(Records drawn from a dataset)
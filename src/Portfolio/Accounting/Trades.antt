-- ===== src/Portfolio/Accounting/Trades.antt =====
-- What a sale does: it raises and changes nothing, or it moves cash, position and gain together.
use crypto_ai_trader.Base.{
  String, Option, none, some, Bool-cases, inl, inr, ◌≡◌, true, false, ok, err, Result, arith, refl,
  sym, ok_inj, Result-cases, ap, ◌∙◌, str_eq, str_eq_iff,
}
use crypto_ai_trader.Base.Dict.{Dict, lookup, erase, lookup-insert, lookup-erase_ne}
use crypto_ai_trader.Decimal.{
  Decimal, nought, le, lt, le_trans, add, sub, mul, div, IsPos, IsPos-of_lt, div_total,
}
use crypto_ai_trader.Strategies.Base.{Side, buy, sell}
use crypto_ai_trader.Execution.PaperExecutor.{PaperFill}
use crypto_ai_trader.Portfolio.Accounting.{
  Position, PortfolioAccount, fee_share, reduce, realized_pnl, sold, finish_sale, settle_sale,
  sell_by_side, apply_sell_fill,
}

-- The part of the position's fees that a sale takes along: none of no fees, or the sold part of
-- the quantity.
abbrev pub TakesFees : PaperFill → Position → Decimal → Type 0
TakesFees f p share =
    ((lt nought p.fees_paid_usdt ≡ false) → (share ≡ nought))
    × ((lt nought p.fees_paid_usdt ≡ true)
        → (part : Decimal) × (div f.qty p.qty ≡ ok part) × (share ≡ mul part p.fees_paid_usdt))

-- What a sale that ended with `r` says of the account before and after it.
abbrev pub Moves : PaperFill → PortfolioAccount → PortfolioAccount × Result Decimal → Type 0
Moves f a (a', err e) = a' ≡ a
Moves f a (a', ok pnl) =
    (p : Position) × (share : Decimal) × (lookup f.symbol a.positions ≡ some p)
    × TakesFees f p share
    × (pnl ≡ sub (sub (sub (mul f.qty f.price) (mul f.qty p.avg_entry_price)) share) f.fee_usdt)
    × (f.side ≡ sell)
    × (lt nought f.qty ≡ true)
    × (le f.qty p.qty ≡ true)
    × (a'.cash_balance ≡ add a.cash_balance (sub (mul f.qty f.price) f.fee_usdt))
    × (a'.realized_pnl_total_usdt ≡ add a.realized_pnl_total_usdt pnl)
    × ((j : String) → str_eq f.symbol j ≡ false → lookup j a'.positions ≡ lookup j a.positions)
    × ((lt nought (sub p.qty f.qty) ≡ true)
        → (q : Position) × (lookup f.symbol a'.positions ≡ some q)
          × (q.qty ≡ sub p.qty f.qty)
          × (q.avg_entry_price ≡ p.avg_entry_price)
          × (q.fees_paid_usdt ≡ sub p.fees_paid_usdt share))
    × ((lt nought (sub p.qty f.qty) ≡ false) → (a'.positions ≡ erase f.symbol a.positions))

reduce_others :
    (f : PaperFill) (p : Position) (share : Decimal) (ps : Dict Position) (j : String)
    → str_eq f.symbol j ≡ false
    → lookup j (reduce f p share ps) ≡ lookup j ps
unfolding reduce
reduce_others f p share ps j other = elim (Bool-cases (le (sub p.qty f.qty) nought)) [
  | inl closed ↦ rw closed (lookup-erase_ne j f.symbol ps other)
  | inr kept ↦ rw kept (rw lookup-insert (rw other))
]

reduce_self :
    (f : PaperFill) (p : Position) (share : Decimal) (ps : Dict Position)
    → lt nought (sub p.qty f.qty) ≡ true
    → lookup f.symbol (reduce f p share ps)
      ≡ some (record p { qty = sub p.qty f.qty; fees_paid_usdt = sub p.fees_paid_usdt share })
unfolding reduce
reduce_self f p share ps kept =
    let open_rest : le (sub p.qty f.qty) nought ≡ false = ground arith in
    rw open_rest (rw lookup-insert (rw ((str_eq_iff f.symbol f.symbol).1 refl)))

reduce_all :
    (f : PaperFill) (p : Position) (share : Decimal) (ps : Dict Position)
    → lt nought (sub p.qty f.qty) ≡ false
    → reduce f p share ps ≡ erase f.symbol ps
unfolding reduce
reduce_all f p share ps closed =
    let none_left : le (sub p.qty f.qty) nought ≡ true = ground arith in rw none_left refl

fee_share-TakesFees :
    (f : PaperFill) (p : Position) {share : Decimal}
    → fee_share f p ≡ ok share
    → TakesFees f p share
unfolding fee_share
fee_share-TakesFees f p {share} h = elim (Bool-cases (lt nought p.fees_paid_usdt)) [
  | inr free ↦ (λ _. sym (ok_inj (rw free at h)), λ no. absurd (ground arith))
  | inl charged ↦ elim (Result-cases (div f.qty p.qty)) [
    | inl (part, e) ↦
        (λ no. absurd (ground arith), λ _. (part, e, sym (ok_inj (rw (charged, e) at h))))
    | inr (why, e) ↦ absurd (ground arith)
  ]
]

sold-Moves :
    (f : PaperFill) (p : Position) (a : PortfolioAccount) (r : Result Decimal)
    → fee_share f p ≡ r
    → lookup f.symbol a.positions ≡ some p
    → f.side ≡ sell
    → lt nought f.qty ≡ true
    → le f.qty p.qty ≡ true
    → Moves f a (finish_sale f p a r)
unfolding sold realized_pnl
sold-Moves f p a (err e) shared found side some_qty covered = refl
sold-Moves f p a (ok share) shared found side some_qty covered = (
  p,
  share,
  found,
  fee_share-TakesFees f p shared,
  refl,
  side,
  some_qty,
  covered,
  refl,
  refl,
  reduce_others f p share a.positions,
  λ kept. (_, reduce_self f p share a.positions kept, refl, refl, refl),
  reduce_all f p share a.positions,
)

settle_sale-Moves :
    (f : PaperFill) (o : Option Position) (a : PortfolioAccount)
    → lookup f.symbol a.positions ≡ o
    → f.side ≡ sell
    → Moves f a (settle_sale f o a)
unfolding settle_sale
settle_sale-Moves f none a found side = refl
settle_sale-Moves f (some p) a found side = elim (Bool-cases (le f.qty nought)) [
  | inl empty ↦ rw empty refl
  | inr some_qty ↦ elim (Bool-cases (le f.qty p.qty)) [
    | inr short ↦ rw (some_qty, short) refl
    | inl covered ↦
        rw (some_qty, covered)
          (sold-Moves f p a (fee_share f p) refl found side (rw some_qty) covered)
  ]
]

sell_by_side-Moves :
    (side : Side) (f : PaperFill) (a : PortfolioAccount)
    → f.side ≡ side
    → Moves f a (sell_by_side side f a)
sell_by_side-Moves buy f a e = refl
sell_by_side-Moves sell f a e = settle_sale-Moves f (lookup f.symbol a.positions) a refl e

-- A sale that raises leaves the account as it was. One that returns a gain was a sell of a
-- positive quantity, no more than was held. The gain is the proceeds less the cost of the sold
-- quantity at the average price, its part of the paid fees and the fee of the sale. The sale pays
-- the proceeds less its fee into the cash, adds the gain to the total, and leaves every other
-- symbol alone. It leaves the rest of the quantity and of the fees, at the same average price, if
-- the rest of the quantity is positive, and else removes the position.
pub apply_sell_fill-Moves : (f : PaperFill) (a : PortfolioAccount) → Moves f a (apply_sell_fill f a)
unfolding apply_sell_fill
apply_sell_fill-Moves f a = sell_by_side-Moves f.side f a refl

fee_share_total :
    (f : PaperFill) (p : Position) → IsPos p.qty → (share : Decimal) × (fee_share f p ≡ ok share)
unfolding fee_share
fee_share_total f p h =
    let (part, e) = div_total f.qty p.qty h in
    elim (Bool-cases (lt nought p.fees_paid_usdt)) [
      | inl charged ↦ rw (charged, e) (_, refl)
      | inr free ↦ rw free (_, refl)
    ]

settle_sale_total :
    (f : PaperFill) (p : Position) (a : PortfolioAccount)
    → lt nought f.qty ≡ true
    → le f.qty p.qty ≡ true
    → (pnl : Decimal) × ((settle_sale f (some p) a).1 ≡ ok pnl)
unfolding settle_sale
settle_sale_total f p a some_qty covered =
    let nonempty : le f.qty nought ≡ false = ground arith in
    let held : lt nought p.qty ≡ true = ground (arith, le_trans f.qty p.qty nought) in
    let (share, e) = fee_share_total f p (IsPos-of_lt p.qty held) in
    rw (nonempty, covered, e) (_, refl)

-- A sell of a positive quantity that is held returns: it does not raise.
pub apply_sell_fill_total :
    (f : PaperFill) (a : PortfolioAccount) (p : Position)
    → f.side ≡ sell
    → lookup f.symbol a.positions ≡ some p
    → lt nought f.qty ≡ true
    → le f.qty p.qty ≡ true
    → (pnl : Decimal) × ((apply_sell_fill f a).1 ≡ ok pnl)
unfolding apply_sell_fill
apply_sell_fill_total f a p side found some_qty covered =
    let (pnl, e) = settle_sale_total f p a some_qty covered in
    (
      pnl,
      ap (λ (s : Side). (sell_by_side s f a).1) side
          ∙ ap (λ (o : Option Position). (settle_sale f o a).1) found
          ∙ e,
    )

WHAT TO WORK ON.
All of the lines above that carry the string "shared" need to be found and copied.

ANSWER TO THIS TASK.
sold-Moves f p a (err e) shared found side some_qty covered = refl
sold-Moves f p a (ok share) shared found side some_qty covered = (
  fee_share-TakesFees f p shared,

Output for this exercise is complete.